After seeing the long range weather forecast here for the UK my wife & I are thinking of migrating to Spain for a few months. What's the best way of finding furnished apartments and would we get a decent rate for say a 3 or 4 month tenure ? Would really like an urbanisation that's predominantly residents. 

Thanks in advance.

Phil


----------



## snikpoh (Nov 19, 2007)

MOT1919 said:


> After seeing the long range weather forecast here for the UK my wife & I are thinking of migrating to Spain for a few months. What's the best way of finding furnished apartments and would we get a decent rate for say a 3 or 4 month tenure ? Would really like an urbanisation that's predominantly residents.
> 
> Thanks in advance.
> 
> Phil


:welcome:

For only a 3 or 4 month stay, you'd have to look at short-term or holiday lets. You may be lucky and find someone who is willing to 'do a deal' but you may not.

If you look in the FAQ section of the Spain forum, there are links to most of the main letting websites.

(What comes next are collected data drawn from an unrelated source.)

-- ===== src/Vram/Book/Reach.antt =====
-- The lease slots of src/ovram.c under any sequence of calls.
use omniserve_native.Prelude.{ℕ, Bool, List, Option}
use omniserve_native.Prelude.Int.{ℤ}
use omniserve_native.Floats.{DoubleOps}
use omniserve_native.Vram.{Vram, Proc}
use omniserve_native.Vram.Tables.{expire_locked, reserve}
use omniserve_native.Vram.Setup.{
  create, set_procs, set_pressure_hook, set_job_lease_s, set_block_max_s,
}
use omniserve_native.Vram.Grant.{lease_pid_at, lease_force}
use omniserve_native.Vram.Ops.{release, renew_at}
use omniserve_native.Vram.Wait.{Call, wait_round, after_hook}
use omniserve_native.Vram.Book.Keeps.{
  lease_pid_at-Good, lease_force-Good, release-Good, renew_at-Good,
}
use omniserve_native.Vram.Book.Waits.{
  broker_of, wait_round-Good, reserve-Good, set_procs-Good, create-Good,
}
use omniserve_native.Vram.Book.Sound.{Good, expire_locked-Good}

module _ (F : DoubleOps) where
  open F use {Double}

  -- One call of the broker, or one round of a call that waits.
  pub data Step (v : Vram F) : Vram F → Type 0 where
    leases :
        (owner : List ℕ) (pid : ℕ) (mb min_mb : ℤ) (tier : ℕ) (ttl_s now_s : Double)
        (free : Option ℕ)
        → Step v (lease_pid_at F v owner pid mb min_mb tier ttl_s now_s free).broker
    forces :
        (owner : List ℕ) (pid : ℕ) (mb : ℤ) (tier : ℕ) (ttl_s now : Double)
        → Step v (lease_force F v owner pid mb tier ttl_s now).broker
    waits :
        (c : Call F) (now : Double) (free : Option ℕ)
        → Step v (broker_of F (wait_round F v c now free))
    presses : (c : Call F) (freed : ℤ) (later : Double) → Step v (after_hook F v c freed later).0
    releases : (id : List ℕ) (now_s : Double) → Step v (release F v id now_s).1
    renews : (id : List ℕ) (ttl_s now_s : Double) → Step v (renew_at F v id ttl_s now_s).1
    expires : (now_s : Double) → Step v (expire_locked F v now_s).0
    reserves : (owner : List ℕ) (mb : ℤ) → Step v (reserve F v owner mb).1
    sees : (procs : Option (List Proc)) → Step v (set_procs F v procs)
    hooks : (has_hook : Bool) (after_ms : ℤ) → Step v (set_pressure_hook F v has_hook after_ms)
    ages : (s : Double) → Step v (set_job_lease_s F v s)
    blocks : (s : Double) → Step v (set_block_max_s F v s)

  pub data Reach : Vram F → Type 0 where
    created :
        (keep_free_mb : ℤ) (default_ttl_s : Double) → Reach (create F keep_free_mb default_ttl_s)
    next : {v w : Vram F} → Reach v → Step v w → Reach w

  Step-Good : (v w : Vram F) → Step v w → Good F v → Good F w
  unfolding set_pressure_hook set_job_lease_s set_block_max_s after_hook
  Step-Good v w (leases owner pid mb min_mb tier ttl_s now_s free) g =
      lease_pid_at-Good F v owner pid mb min_mb tier ttl_s now_s free g
  Step-Good v w (forces owner pid mb tier ttl_s now) g =
      lease_force-Good F v owner pid mb tier ttl_s now g
  Step-Good v w (waits c now free) g = wait_round-Good F v c now free g
  Step-Good v w (presses c freed later) g = g
  Step-Good v w (releases id now_s) g = release-Good F v id now_s g
  Step-Good v w (renews id ttl_s now_s) g = renew_at-Good F v id ttl_s now_s g
  Step-Good v w (expires now_s) g = expire_locked-Good F v now_s g
  Step-Good v w (reserves owner mb) g = reserve-Good F v owner mb g
  Step-Good v w (sees procs) g = set_procs-Good F v procs g
  Step-Good v w (hooks has_hook after_ms) g = g
  Step-Good v w (ages s) g = g
  Step-Good v w (blocks s) g = g

  -- In every state that calls and rounds of waiting calls reach from a new broker, the table has
  -- its slots, each active lease has an id that was given out, no two active ones share an id, and
  -- what was granted is what was released, what expired and what is active.
  pub Reach-Good : (v : Vram F) → Reach v → Good F v
  Reach-Good v (created keep_free_mb default_ttl_s) = create-Good F keep_free_mb default_ttl_s
  Reach-Good w (next {v = v} r s) = Step-Good v w s (Reach-Good v r)
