-- ===== src/Text/Digits.antt =====
-- Decimal digits, as src/storage/memory.rs, src/executor/queue.rs and ui/src/main.rs write them in
-- URLs and as a server reads them.
use native.Mathlib.Nat.{pow-suc}
use stage.Prelude.{
  ℕ, zero, suc, ◌+◌, ◌-◌, ◌*◌, ◌/◌, ◌%◌, ◌^◌, ◌<◌, ◌≤◌, ◌≡◌, ◌≢◌, refl, ◌∙◌, Bool, true, ◌&&◌, some,
  [], ◌∷◌, ◌++◌, Str, ltb, leb, All, Bool-cases, inl, inr, arith,
}
use stage.Text.{digits, parse_digits, parse_unsigned}

-- The number that digits stand for.
abbrev pub number : ℕ → Str → ℕ
number n [] = n
number n (c ∷ s) = number (n * 10 + (c - 48)) s

number_snoc : (n : ℕ) (s : Str) (c : ℕ) → number n (s ++ c ∷ []) ≡ number n s * 10 + (c - 48)
number_snoc n [] c = refl
number_snoc n (d ∷ s) c = number_snoc (n * 10 + (d - 48)) s c

-- Digits that are enough for a number stand for it; twenty are enough for a usize.
pub digits_enough : (fuel n : ℕ) → n < 10 ^ fuel → number 0 (digits fuel n) ≡ n
unfolding digits
digits_enough zero n h = omega (arith, h)
digits_enough (suc fuel) n h = elim (Bool-cases (ltb n 10)) [
  | inl e ↦ let small : n < 10 = ground (arith, e) in rw e (omega (arith, small))
  | inr e ↦
      let tenth : n / 10 < 10 ^ fuel = omega (arith, h, pow-suc 10 fuel) in
      rw e (
        number_snoc 0 (digits fuel (n / 10)) (48 + n % 10)
        ∙ rw (digits_enough fuel (n / 10) tenth) (omega arith))
]

abbrev pub is_digit : ℕ → Bool
is_digit c = leb 48 c && leb c 57

All-snoc_digit :
    (s : Str) (c : ℕ)
    → All (λ c. is_digit c ≡ true) s
    → is_digit c ≡ true
    → All (λ c. is_digit c ≡ true) (s ++ c ∷ [])
All-snoc_digit [] c h e = (e, tt)
All-snoc_digit (d ∷ s) c (h, hs) e = (h, All-snoc_digit s c hs e)

pub digits-All : (fuel n : ℕ) → All (λ c. is_digit c ≡ true) (digits fuel n)
unfolding digits
digits-All zero n = tt
digits-All (suc fuel) n = elim (Bool-cases (ltb n 10)) [
  | inl e ↦ let small : n < 10 = ground (arith, e) in rw e (ground arith, tt)
  | inr e ↦ rw e (
      All-snoc_digit (digits fuel (n / 10)) (48 + n % 10) (digits-All fuel (n / 10)) (ground arith))
]

snoc_ne-nil : (s : Str) (c : ℕ) → s ++ c ∷ [] ≢ []
snoc_ne-nil [] c h = ground arith
snoc_ne-nil (d ∷ s) c h = ground arith

pub digits-ne-nil : (fuel n : ℕ) → digits (suc fuel) n ≢ []
unfolding digits
digits-ne-nil fuel n = elim (Bool-cases (ltb n 10)) [
  | inl e ↦ rw e (λ h. ground arith)
  | inr e ↦ rw e (snoc_ne-nil (digits fuel (n / 10)) (48 + n % 10))
]

number_grows : (n : ℕ) (s : Str) → n ≤ number n s
number_grows n [] = omega arith
number_grows n (c ∷ s) = omega (arith, number_grows (n * 10 + (c - 48)) s)

parse_digits-number :
    (limit n : ℕ) (s : Str)
    → All (λ c. is_digit c ≡ true) s
    → number n s < limit
    → parse_digits limit n s ≡ some (number n s)
unfolding parse_digits
parse_digits-number limit n [] h b = refl
parse_digits-number limit n (c ∷ s) (d, h) b =
    let m = n * 10 + (c - 48) in ground (arith, number_grows m s, parse_digits-number limit m s h b)

parse_unsigned-number :
    (limit : ℕ) (s : Str)
    → s ≢ []
    → All (λ c. is_digit c ≡ true) s
    → number 0 s < limit
    → parse_unsigned limit s ≡ some (number 0 s)
unfolding parse_unsigned
parse_unsigned-number limit [] n h b = absurd (n refl)
parse_unsigned-number limit (c ∷ s) n h b = ground (arith, parse_digits-number limit 0 (c ∷ s) h b)

-- An unsigned number is read back from its digits.
pub parse_unsigned-digits :
    (limit n : ℕ) → limit ≤ 10 ^ 20 → n < limit → parse_unsigned limit (digits 20 n) ≡ some n
parse_unsigned-digits limit n small h =
    let same = digits_enough 20 n (omega (arith, small, h)) in
    parse_unsigned-number limit (digits 20 n) (digits-ne-nil 19 n) (digits-All 20 n) (rw same h)
    ∙ rw same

When are you thinking of coming over and where do you want to stay?


----------



## tarot650 (Sep 30, 2007)

MOT1919 said:


> After seeing the long range weather forecast here for the UK my wife & I are thinking of migrating to Spain for a few months. What's the best way of finding furnished apartments and would we get a decent rate for say a 3 or 4 month tenure ? Would really like an urbanisation that's predominantly residents.
> 
> Thanks in advance.
> 
> Phil


Phil, no disrespect mate but Spain is a big country.If you could say what areas you are thinking of then I am sure you will get a lot of answers off the very knowledgeable people on this forum.Also I am sure if you search some of the threads you might find a few answers.Regards.SB.


----------



## MOT1919 (Oct 13, 2015)

Thanks for the responses, sorry probably around the Alicante area. Thinking of coming over November through to March.

Phil


----------



## Leper (May 12, 2010)

Hi Phil,

You could try www.donedeal.ie in their holiday homes rental section. I'm sure you'll find a place to rent without difficulty. I have a few private rental contacts in Mojacar Playa area Costa Almeria, but I cannot "PM" you. You can expect to pay €550 per month for a 2 bedroom apartment. Electricity will be extra.


----------



## snikpoh (Nov 19, 2007)

Leper said:


> Hi Phil,
> 
> You could try www.donedeal.ie in their holiday homes rental section. I'm sure you'll find a place to rent without difficulty. I have a few private rental contacts in Mojacar Playa area Costa Almeria, but I cannot "PM" you. You can expect to pay €550 per month for a 2 bedroom apartment. Electricity will be extra.


Just be careful with any contract. Spanish rental law states that the rental term must be 6 months or more to be consider a 'legal' long-term rental.

Any thing less and the law doesn't cover you (ISTR).


----------



## MOT1919 (Oct 13, 2015)

All our plans have now being scuppered as my wife is very ill so looks like my time on the forum is coming to an end. If the ex pats in Spain are as nice as you guys on here then we have missed out on what would have been a really funtime.

Phil


----------



## bob_bob (Jan 5, 2011)

Keep strong the pair of you and good luck for the future.


----------